Stored data entries
# # # # # # #
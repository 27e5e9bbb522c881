-- ===== src/Settings/Pool.antt =====
-- The pool on the settings page (app/dashboard/app/config/page.tsx): its poll, its saving, which
-- shows the change before the server has it, and the choices that the page keeps to itself.
pub mod Laws
use apifor_dev.Common.{
  ℕ, String, ◌==◌, Bool, true, false, ◌&&◌, not, Option, none, some, List, [], ◌∷◌, if◌then◌else◌,
}
use apifor_dev.Poll.{value, Maybe, null}
use apifor_dev.Queue.{lit}
use apifor_dev.Async.{done, set, returned, Script, call, Outcome}

pub record PoolCfg : Type 0 where
  pub mode : String
  pub parallel_workers : ℕ
  pub timeout_min : ℕ
  pub retries : ℕ
  pub paused : Bool
  pub auto_merge : Bool
  pub isolamento : Bool

pub record MergeRules : Type 0 where
  pub ci_verde : Bool
  pub aprovacao_ia : Bool
  pub revisao_humana : Bool
  pub delete_branch : Bool
  pub strategy : String

pub record Settings : Type 0 where
  pub pool : Maybe PoolCfg
  pub tab : String
  pub conn_tab : String
  pub agent_models : List (String × String)
  pub merge_rules : MergeRules
  pub autoscale : Bool
  pub foco : String
  pub pool_repo_search : String

-- The agents, each with the model that it starts with.
abbrev pub agents : List (String × String)
agents =
    ("Planejador", "claude_opus")
    ∷ ("Codificador", "claude_sonnet")
    ∷ ("Revisor IA", "claude_opus")
    ∷ ("Testador", "claude_haiku")
    ∷ []

abbrev pub fresh_settings : Settings
fresh_settings = record {
  pool = null;
  tab = "workers";
  conn_tab = "codigo";
  agent_models = agents;
  merge_rules = record {
    ci_verde = true;
    aprovacao_ia = true;
    revisao_humana = false;
    delete_branch = true;
    strategy = "Squash and merge";
  };
  autoscale = false;
  foco = "Features e correções";
  pool_repo_search = "";
}

-- The patches that the page's controls save.
pub data Patch : Type 0 where
  set_mode : String → Patch
  set_workers set_timeout set_retries : ℕ → Patch
  set_paused set_merge set_isolation : Bool → Patch

-- `{ ...pool, ...patch }`
unfoldable pub patched : Patch → PoolCfg → PoolCfg
patched (set_mode m) p = record p { mode = m }
patched (set_workers n) p = record p { parallel_workers = n }
patched (set_timeout n) p = record p { timeout_min = n }
patched (set_retries n) p = record p { retries = n }
patched (set_paused b) p = record p { paused = b }
patched (set_merge b) p = record p { auto_merge = b }
patched (set_isolation b) p = record p { isolamento = b }

pub data Call : Type 0 where
  get_pool : Call
  post_pool : PoolCfg → Call

-- The answers: `none` carries an error; a save reads nothing of its answer.
abbrev pub Handler : Type 0
Handler = Script Settings Call (Option (Maybe PoolCfg))

abbrev pub after_load : Outcome (Option (Maybe PoolCfg)) → Handler
after_load (returned (some d)) = set (λ s. record s { pool = d }) done
after_load _ = done

unfoldable pub load_pool : Handler
load_pool = call (λ s. get_pool) after_load

-- The save of a patch, from the pool that the page shows when the control is used.
abbrev pub save_from : Patch → Maybe PoolCfg → Handler
save_from patch (value p) =
    set (λ t. record t { pool = value (patched patch p) })
      (call (λ t. post_pool (patched patch p)) (λ o. done))
save_from patch _ = done

unfoldable pub save_pool : Patch → Settings → Handler
unfolding patched
save_pool patch s = save_from patch s.pool

-- What the controls change without a call.
pub data Edit : Type 0 where
  to_tab to_conn_tab to_foco search to_strategy : String → Edit
  to_model : String → String → Edit
  to_autoscale to_ci to_ai to_human to_branch : Bool → Edit

abbrev pub put : String → String → List (String × String) → List (String × String)
put k v [] = (k, v) ∷ []
put k v ((j, u) ∷ m) = if j == k then (j, v) ∷ m else (j, u) ∷ put k v m

unfoldable pub edit : Edit → Settings → Settings
edit (to_tab t) s = record s { tab = t }
edit (to_conn_tab t) s = record s { conn_tab = t }
edit (to_foco f) s = record s { foco = f }
edit (search q) s = record s { pool_repo_search = q }
edit (to_model role m) s = record s { agent_models = put role m s.agent_models }
edit (to_autoscale b) s = record s { autoscale = b }
edit (to_strategy x) s = record s { merge_rules = record s.merge_rules { strategy = x } }
edit (to_ci b) s = record s { merge_rules = record s.merge_rules { ci_verde = b } }
edit (to_ai b) s = record s { merge_rules = record s.merge_rules { aprovacao_ia = b } }
edit (to_human b) s = record s { merge_rules = record s.merge_rules { revisao_humana = b } }
edit (to_branch b) s = record s { merge_rules = record s.merge_rules { delete_branch = b } }

abbrev pub of_pool {ℓ} : {A : Type ℓ} → A → (PoolCfg → A) → Maybe PoolCfg → A
of_pool d f (value p) = f p
of_pool d f _ = d

unfoldable pub running : Settings → Bool
running s = of_pool false (λ p. not p.paused) s.pool

-- `pool?.mode || "pool"`
unfoldable pub mode : Settings → String
mode s = let m = of_pool "" (λ p. p.mode) s.pool in if m == "" then "pool" else m

-- The controls of the pool with their values, each with what stands for a pool that is missing.
pub record PoolCard : Type 0 where
  pub running : Bool
  pub word : String
  pub color : String
  pub parallel_workers : ℕ
  pub timeout_min : ℕ
  pub retries : ℕ
  pub isolamento : Bool
  pub auto_merge : Bool

unfoldable pub pool_card : Settings → PoolCard
unfolding running
pool_card s = record {
  running = running s;
  word = if running s then "rodando" else "pausado";
  color = if running s then "var(--green)" else "var(--mute)";
  parallel_workers = of_pool 1 (λ p. p.parallel_workers) s.pool;
  timeout_min = of_pool 30 (λ p. p.timeout_min) s.pool;
  retries = of_pool 2 (λ p. p.retries) s.pool;
  isolamento = of_pool true (λ p. p.isolamento) s.pool;
  auto_merge = of_pool false (λ p. p.auto_merge) s.pool;
}

-- What the tab of the workers shows: the mode that is lit, the card of the pool in its mode, and
-- whether the note about the running pool stands over the dedicated workers.
pub record Tab : Type 0 where
  pub modes : List (String × Bool)
  pub card : Option PoolCard
  pub pinned : Bool
  pub note : Bool

unfoldable pub workers_tab : Settings → Tab
unfolding mode pool_card running
workers_tab s = record {
  modes = lit (mode s) (("pool", "Pool") ∷ ("pinned", "Pinned") ∷ []);
  card = if mode s == "pool" then some (pool_card s) else none;
  pinned = mode s == "pinned";
  note = mode s == "pinned" && running s;
}
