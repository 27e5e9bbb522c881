-- ===== src/Settings/Pool/Laws.antt =====
-- Saving the pool: what is shown, what is sent, and what a poll makes of it.
use apifor_dev.Common.{◌≡◌, refl, ap, ◌∙◌, Option, some, List, [], ◌∷◌, ◌++◌, map}
use apifor_dev.Async.{returned, until_call, Outcome, run}
use apifor_dev.Settings.Pool.{
  after_load, save_from, post_pool, patched, of_pool, Settings, Patch, PoolCfg, Call, save_pool,
}
use apifor_dev.Poll.{null, undefined, value, Maybe}

saved :
    (env : Call → Outcome (Option (Maybe PoolCfg))) (patch : Patch) (s : Settings)
    (m : Maybe PoolCfg)
    → run env (save_from patch m) s
      ≡ of_pool
          (s, [])
          (λ p. (record s { pool = value (patched patch p) }, post_pool (patched patch p) ∷ []))
          m
unfolding run
saved env patch s undefined = refl
saved env patch s null = refl
saved env patch s (value p) = refl

-- A save sends the whole pool with the one field changed, shows it at once, and keeps it whatever
-- comes of the call, also where it fails; without a pool it does nothing.
pub run-save_pool :
    (env : Call → Outcome (Option (Maybe PoolCfg))) (patch : Patch) (s : Settings)
    → run env (save_pool patch s) s
      ≡ of_pool
          (s, [])
          (λ p. (record s { pool = value (patched patch p) }, post_pool (patched patch p) ∷ []))
          s.pool
unfolding run save_pool
run-save_pool env patch s = saved env patch s s.pool

-- A control is used, or an answer to a poll of the pool comes in.
pub data Move : Type 0 where
  save : Patch → Move
  loaded : Outcome (Option (Maybe PoolCfg)) → Move

-- What runs of the handlers until their calls.
abbrev pub move : Move → Settings → Settings
move (save p) s = (until_call (save_pool p s) s).0
move (loaded o) s = (until_call (after_load o) s).0

abbrev pub moves : List Move → Settings → Settings
moves [] s = s
moves (m ∷ ms) s = moves ms (move m s)

abbrev pub patched_all : List Patch → PoolCfg → PoolCfg
patched_all [] p = p
patched_all (x ∷ xs) p = patched_all xs (patched x p)

moves-append : (ms ns : List Move) (s : Settings) → moves (ms ++ ns) s ≡ moves ns (moves ms s)
moves-append [] ns s = refl
moves-append (m ∷ ms) ns s = moves-append ms ns (move m s)

moves-save :
    (ps : List Patch) (p : PoolCfg) (s : Settings)
    → (moves (map (λ x. save x) ps) (record s { pool = value p })).pool ≡ value (patched_all ps p)
unfolding until_call save_pool
moves-save [] p s = refl
moves-save (x ∷ xs) p s = moves-save xs (patched x p) (record s { pool = value p })

-- The page shows the last answer of the poll with the patches saved since, in their order, and nothing
-- of what was saved before it came.
pub moves-loaded :
    (ms : List Move) (p : PoolCfg) (ps : List Patch) (s : Settings)
    → (moves (ms ++ loaded (returned (some (value p))) ∷ map (λ x. save x) ps) s).pool
      ≡ value (patched_all ps p)
unfolding until_call
moves-loaded ms p ps s =
    ap (λ t. t.pool) (moves-append ms (loaded (returned (some (value p))) ∷ map (λ x. save x) ps) s)
    ∙ moves-save ps p (moves ms s)
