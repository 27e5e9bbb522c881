-- ===== src/Settings/Reuse/Laws.antt =====
-- The reuse of connections: which account a button names, and what a press of it does.
use apifor_dev.Common.{
  ◌+◌, String, ◌==◌, eq_iff, ◌≡◌, refl, sym, ap, subst, ◌∙◌, inl, inr, Bool, true, false, ◌&&◌,
  Option, none, some, List, [], ◌∷◌, arith, if◌then◌else◌, Bool-cases, Option-cases, default,
  is_some, any,
}
use apifor_dev.Async.{text_or, returned, thrown, Outcome, run}
use apifor_dev.Settings.Reuse.{
  with_id, button_of, say, denied, Reusing, Verdict, is_text, Request, after_reuse, provider_family,
  find_conn, label_of, reuse_conn, family_identity, reuse_btn, Conn,
}
use apifor_dev.Settings.Reuse.Cards.{is_active, card}

find_conn-any :
    (q r : Conn → Bool) (conns : List Conn) (c : Conn)
    → find_conn q conns ≡ some c
    → r c ≡ true
    → any (λ d. q d && r d) conns ≡ true
find_conn-any q r [] c e h = cc
find_conn-any q r (d ∷ ds) c e h = elim (Bool-cases (q d)) [
  | inl y ↦
      let w : d ≡ c = ground (arith, y, e) in
      let z : r d ≡ true = subst (λ x. r x ≡ true) (sym w) h in ground (arith, y, z)
  | inr n ↦
      let f : find_conn q ds ≡ some c = ground (arith, n, e) in
      ground (arith, n, find_conn-any q r ds c f h)
]

named :
    (q : Conn → Bool) (conns : List Conn) (id : String) (c : Conn)
    → find_conn q conns ≡ some c
    → label_of (some c) ≡ some id
    → (any (λ d. q d && (default "" d.label == id)) conns ≡ true) × ((id == "") ≡ false)
named q conns id c f e =
    let l : (default "" c.label == "") ≡ false = ground arith in
    let m : c.label ≡ some id = ground arith in
    let n : default "" c.label ≡ id = ap (default "") m in
    let r : (default "" c.label == id) ≡ true = (eq_iff (default "" c.label) id).1 n in
    (
      find_conn-any q (λ d. default "" d.label == id) conns c f r,
      subst (λ t. (t == "") ≡ false) n l,
    )

label_of-some :
    (q : Conn → Bool) (conns : List Conn) (id : String)
    → label_of (find_conn q conns) ≡ some id
    → (any (λ c. q c && (default "" c.label == id)) conns ≡ true) × ((id == "") ≡ false)
label_of-some q conns id e = elim (Option-cases (find_conn q conns)) [
  | inl n ↦ cc
  | inr (c, f) ↦ named q conns id c f (ap label_of (sym f) ∙ e)
]

with_id-some :
    (f : String) (o : Option String) (fam id : String)
    → with_id f o ≡ some (fam, id)
    → (f ≡ fam) × (o ≡ some id)
with_id-some f none fam id e = cc
with_id-some f (some j) fam id e =
    let g : Option (String × String) → String × String = default ("", "") in
    (ap (λ t. (g t).0) e, ap (λ t. some (g t).1) e)

button_of-some :
    (conns : List Conn) (o : Option String) (fam id : String)
    → button_of conns o ≡ some (fam, id)
    → (o ≡ some fam) × (family_identity conns fam ≡ some id)
button_of-some conns none fam id e = cc
button_of-some conns (some f) fam id e =
    let (p, q) = with_id-some f (family_identity conns f) fam id e in
    (ap (λ t. some t) p, subst (λ t. family_identity conns t ≡ some id) p q)

-- A button for the reuse names an account that is not blank, of a connection that the page lists,
-- whose provider is of the same family as the one that the button is for.
pub reuse_btn-some :
    (conns : List Conn) (provider fam id : String)
    → reuse_btn conns provider ≡ some (fam, id)
    → (provider_family provider ≡ some fam)
      × (any (λ c. is_text (provider_family c.provider) fam && (default "" c.label == id)) conns
          ≡ true)
      × ((id == "") ≡ false)
unfolding reuse_btn family_identity
reuse_btn-some conns provider fam id e =
    let (f, i) = button_of-some conns (provider_family provider) fam id e in
    let (a, b) = label_of-some (λ c. is_text (provider_family c.provider) fam) conns id i in
    (f, a, b)

-- What an answer to the reuse leaves.
abbrev pub reused : Outcome Verdict → Reusing → Reusing
reused (thrown e) s = s
reused (returned r) s =
    if denied r
    then say (text_or r.message "não foi possível reaproveitar") s
    else record s { toasts = "conexão reaproveitada" ∷ s.toasts; reloads = s.reloads + 1 }

run-after_reuse :
    (env : Request → Outcome Verdict) (o : Outcome Verdict) (s : Reusing)
    → run env (after_reuse o) s ≡ (reused o s, [])
unfolding run after_reuse
run-after_reuse env (thrown e) s = refl
run-after_reuse env (returned r) s = elim (Bool-cases (denied r)) [
  | inl e ↦ rw e refl
  | inr e ↦ rw e refl
]

-- A press asks once for the reuse. Only an answer that says no keeps the list of connections as it
-- is and reports the message of the server; any other answer has the list loaded again, and a call
-- that is rejected leaves no trace.
pub run-reuse_conn :
    (env : Request → Outcome Verdict) (family target : String) (s : Reusing)
    → let q : Request = record { family = family; target = target } in
      run env (reuse_conn family target) s ≡ (reused (env q) s, q ∷ [])
unfolding run reuse_conn
run-reuse_conn env family target s =
    let q : Request = record { family = family; target = target } in
    ap (λ t. (t.0, q ∷ t.1)) (run-after_reuse env (env q) s)

is_active-any : (q : Conn → Bool) (conns : List Conn) → is_some (find_conn q conns) ≡ any q conns
is_active-any q [] = refl
is_active-any q (c ∷ cs) = ground (arith, is_active-any q cs)

-- The card of a provider says that it is connected exactly if the list has a connection of the tab's
-- type with that provider; a connected one offers no reuse, and one that is not offers the button
-- for its family, if any.
pub card-active :
    (conns : List Conn) (kind : String) (p : String × String)
    → ((card conns kind p).active ≡ any (λ c. (c.kind == kind) && (c.provider == p.0)) conns)
      × ((card conns kind p).reuse ≡ (
          if any (λ c. (c.kind == kind) && (c.provider == p.0)) conns
          then none
          else reuse_btn conns p.0))
unfolding card is_active
card-active conns kind p =
    let e = is_active-any (λ c. (c.kind == kind) && (c.provider == p.0)) conns in
    (e, ap (λ b. if b then none else reuse_btn conns p.0) e)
# # # # # # #
WORK TO COMPLETE: Give back, word for word, only the lines above from the line holding "edit (to_ai b)" to the line holding "edit (to_branch b)", both included.

SOLUTION TO THIS TASK:
edit (to_ai b) s = record s { merge_rules = record s.merge_rules { aprovacao_ia = b } }
edit (to_human b) s = record s { merge_rules = record s.merge_rules { revisao_humana = b } }
edit (to_branch b) s = record s { merge_rules = record s.merge_rules { delete_branch = b } }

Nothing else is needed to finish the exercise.